:: DATASET RECORDS

-- ===== src/SessionLock/Runtime.antt =====
-- crates/session-lock/src/runtime.rs: the state of the lock runtime and the operations that its
-- callbacks and its loop share. Objects of the compositor are numbers. What the process does
-- outside (readiness messages, the unlock request) is recorded in `effects`, newest first.
use genkan.Prelude.{
  ℕ, ◌+◌, ◌%◌, ◌^◌, Bool, true, false, ◌&&◌, ◌||◌, not, Option, none, some, List, [], ◌∷◌, ◌++◌,
  Text, codes, ◌==◌, if◌then◌else◌, is_some, or_else, map, position, modify, get_elem?,
}
use genkan.SessionLock.Frames.{Presentation, Refresh}
use genkan.SessionLock.Lifecycle.{State, Action, runtime_failed, update}
use genkan.SessionLock.Redraw.{RedrawKind, RedrawState, request, request_media, request_role_change}
use genkan.SessionLock.Geometry.{FrameGeometry, frame_geometry, overlay_redraw_kind}
use genkan.SessionLock.Retirement.{
  AuthenticationRetirement, begin, expired, Candidate, select_authentication_index,
}

pub data Error : Type 0 where
  missing_protocol runtime : Text → Error
  lock_finished : Error

pub data Effect : Type 0 where
  reported : ℕ → Effect
  unlocked : Effect

-- `released` is `pool.canvas(&buffer).is_some()`: the compositor no longer reads the buffer.
pub record SurfaceBuffer : Type 0 where
  pub size : ℕ × ℕ
  pub geometry_generation : ℕ
  pub role_generation : ℕ
  pub background_generation : ℕ
  pub released : Bool

-- The overlay cache and the pixels are left out.
pub record Surface : Type 0 where
  pub output : ℕ
  pub output_name : Option Text
  pub lock_surface : ℕ
  pub size : Option (ℕ × ℕ)
  pub scale : ℕ
  pub geometry_generation : ℕ
  pub role_generation : ℕ
  pub buffers : List SurfaceBuffer
  pub authentication : Bool
  pub redraw : RedrawState
  pub first_presented : Bool

-- `u64::wrapping_add(1)`.
abbrev pub next_generation : ℕ → ℕ
next_generation g = (g + 1) % 2 ^ 64

-- `S` is the state of the presentation.
pub record Runtime (S : Type 0) : Type 0 where
  pub session_lock : Bool
  pub surfaces : List Surface
  pub state : State
  pub presentation : S
  pub presentation_geometry : Option FrameGeometry
  pub background_generation : ℕ
  pub authentication_output : Option Text
  pub retiring_authentication : Option ℕ
  pub authentication_retirement : Option AuthenticationRetirement
  pub authentication_retirement_feedback : Option ℕ
  pub ready : List ℕ
  pub failure : Option Error
  pub terminate : Bool
  pub effects : List Effect

-- The system calls that can fail: writing the readiness message to a descriptor, and the round trip
-- after the unlock request. `none` is success, `some` holds the error's text.
pub record Outside : Type 0 where
  pub write_ready : ℕ → Option Text
  pub roundtrip : Option Text

unfoldable pub surface_candidate : Surface → Candidate
surface_candidate s = record {
  name = s.output_name;
  configured = is_some s.size;
  authentication = s.authentication;
}

-- `set_authentication` on one surface.
unfoldable pub set_role : Bool → Surface → Surface
set_role authentication s =
    let changed = record s {
      authentication = authentication;
      role_generation = next_generation s.role_generation;
      redraw = if is_some s.size then request_role_change s.redraw else s.redraw;
    } in
    elim s.authentication [
      | true ↦ if authentication then s else changed
      | false ↦ if authentication then changed else s
    ]

abbrev is_full_kind : RedrawKind → Bool
is_full_kind RedrawKind.full = true
is_full_kind RedrawKind.overlay = false

unfoldable pub redraw_surface : RedrawKind → Surface → Surface
redraw_surface kind s =
    if is_some s.size && (is_full_kind kind || s.authentication)
    then record s { redraw = (request kind s.redraw).0 }
    else s

unfoldable pub redraw_surface_media : Surface → Surface
redraw_surface_media s =
    if is_some s.size then record s { redraw = (request_media s.redraw).0 } else s

-- `ReadySignal::apply`: the descriptors are drained even where a write fails, and those after the
-- failing one are dropped unwritten.
unfoldable pub write_all_ready : (ℕ → Option Text) → List ℕ → List Effect × Option Text
write_all_ready write [] = ([], none)
write_all_ready write (fd ∷ fds) =
    let rest = write_all_ready write fds in
    elim (write fd) [ none ↦ (rest.0 ++ (reported fd ∷ []), rest.1) | some e ↦ ([], some e) ]

abbrev pub optional_eq : Option ℕ → Option ℕ → Bool
optional_eq none none = true
optional_eq (some a) (some b) = a == b
optional_eq _ _ = false

module _ (P : Presentation) where
  open P use {frame, lock_confirmed}

  abbrev pub LockRuntime : Type 0
  LockRuntime = Runtime P.State

  unfoldable pub fail : Error → LockRuntime → LockRuntime
  fail error r = record r {
    state = (update r.state runtime_failed).0;
    failure = or_else r.failure (some error);
    terminate = true;
  }

  unfoldable pub redraw_all_surfaces : RedrawKind → LockRuntime → LockRuntime
  redraw_all_surfaces kind r = record r { surfaces = map (redraw_surface kind) r.surfaces }

  unfoldable pub redraw_media : LockRuntime → LockRuntime
  redraw_media r =
      if r.terminate then r else record r { surfaces = map redraw_surface_media r.surfaces }

  -- `record_full_frame` with the frame that the presentation shows.
  unfoldable pub record_full_frame : LockRuntime → LockRuntime
  record_full_frame r = record r {
    presentation_geometry = frame_geometry (frame r.presentation);
    background_generation = next_generation r.background_generation;
  }

  unfoldable pub classify_overlay_redraw : LockRuntime → LockRuntime × RedrawKind
  classify_overlay_redraw r =
      let current = frame_geometry (frame r.presentation) in
      let kind = overlay_redraw_kind r.presentation_geometry current in
      (
        elim kind [
          | RedrawKind.full ↦ record r {
            presentation_geometry = current;
            background_generation = next_generation r.background_generation;
          }
          | RedrawKind.overlay ↦ r
        ],
        kind,
      )

  unfoldable pub apply_refresh : Refresh → LockRuntime → LockRuntime
  unfolding redraw_media record_full_frame redraw_all_surfaces classify_overlay_redraw
  apply_refresh Refresh.unchanged r = r
  apply_refresh Refresh.frame r = redraw_media (record_full_frame r)
  apply_refresh Refresh.overlay r =
      let (r', kind) = classify_overlay_redraw r in redraw_all_surfaces kind r'
  apply_refresh Refresh.failed r = redraw_media (record_full_frame r)

  unfoldable pub set_authentication : ℕ → Bool → LockRuntime → LockRuntime
  set_authentication index authentication r = record r {
    surfaces = modify index (set_role authentication) r.surfaces;
  }

  abbrev pub output_at : LockRuntime → ℕ → Option ℕ
  output_at r index = elim (get_elem? r.surfaces index) [ none ↦ none | some s ↦ some s.output ]

  unfoldable pub refresh_authentication_output : ℕ → LockRuntime → LockRuntime
  unfolding set_authentication
  refresh_authentication_output now r =
      let selected =
        select_authentication_index (map surface_candidate r.surfaces) r.authentication_output in
      let current = position (λ s. s.authentication) r.surfaces in
      if is_some r.retiring_authentication || optional_eq current selected
      then r
      else elim current [
        | some index ↦ set_authentication index false (record r {
          retiring_authentication = output_at r index;
          authentication_retirement = some (begin now);
          authentication_retirement_feedback = none;
        })
        | none ↦ elim selected [ some index ↦ set_authentication index true r | none ↦ r ]
      ]

  -- The surface that a retirement is taken back to, if it is still there and configured.
  abbrev pub retiring_index : LockRuntime → Option ℕ
  retiring_index r = elim r.retiring_authentication [
    | none ↦ none
    | some output ↦ position (λ s. s.output == output && is_some s.size) r.surfaces
  ]

  has_expired : ℕ → Option AuthenticationRetirement → Bool
  has_expired now none = false
  has_expired now (some retirement) = expired retirement now

  unfoldable pub expire_authentication_retirement : ℕ → LockRuntime → LockRuntime
  unfolding has_expired refresh_authentication_output set_authentication
  expire_authentication_retirement now r =
      let cleared = record r {
        authentication_retirement_feedback = none;
        authentication_retirement = none;
        retiring_authentication = none;
      } in
      if not (has_expired now r.authentication_retirement) then r else elim (retiring_index r) [
        | some index ↦ set_authentication index true cleared
        | none ↦ refresh_authentication_output now cleared
      ]

  -- `apply`, without the branches that exist under the feature `lock-test` only.
  report_outcome : Option Text → LockRuntime → LockRuntime
  unfolding fail
  report_outcome none r = r
  report_outcome (some e) r = fail (runtime (codes "could not report lock readiness: " ++ e)) r

  confirm_presentation : LockRuntime → LockRuntime
  unfolding record_full_frame redraw_all_surfaces
  confirm_presentation r =
      if r.terminate
      then r
      else redraw_all_surfaces RedrawKind.full
          (record_full_frame (record r { presentation = lock_confirmed r.presentation }))

  report_ready_action : Outside → LockRuntime → LockRuntime
  unfolding report_outcome confirm_presentation
  report_ready_action outside r =
      let (written, error) = write_all_ready outside.write_ready r.ready in
      confirm_presentation
        (report_outcome error (record r { ready = []; effects = written ++ r.effects }))

  synchronize : Option Text → LockRuntime → LockRuntime
  unfolding fail
  synchronize none r = r
  synchronize (some e) r = fail (runtime (codes "could not synchronize authorized unlock: " ++ e)) r

  unlock_action : Outside → LockRuntime → LockRuntime
  unfolding synchronize
  unlock_action outside r =
      let unlocking = record r { session_lock = false; effects = unlocked ∷ r.effects } in
      let synchronized = if r.session_lock then synchronize outside.roundtrip unlocking else r in
      record synchronized { terminate = true }

  unfoldable pub apply : Outside → Action → LockRuntime → LockRuntime
  unfolding report_ready_action unlock_action fail
  apply outside Action.none r = r
  apply outside Action.report_ready r = report_ready_action outside r
  apply outside Action.abort r = fail lock_finished r
  apply outside Action.unlock_and_synchronize r = unlock_action outside r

::::

> _ASSIGNMENT_:
Find the line with "confirm_presentation : LockRuntime" in the material above. Reproduce it and each line after it up to and including the line with "report_ready_action : Outside".

> _SOLUTION TO THE EXERCISE_:
  confirm_presentation : LockRuntime → LockRuntime
  unfolding record_full_frame redraw_all_surfaces
  confirm_presentation r =
      if r.terminate
      then r
      else redraw_all_surfaces RedrawKind.full
          (record_full_frame (record r { presentation = lock_confirmed r.presentation }))

  report_ready_action : Outside → LockRuntime → LockRuntime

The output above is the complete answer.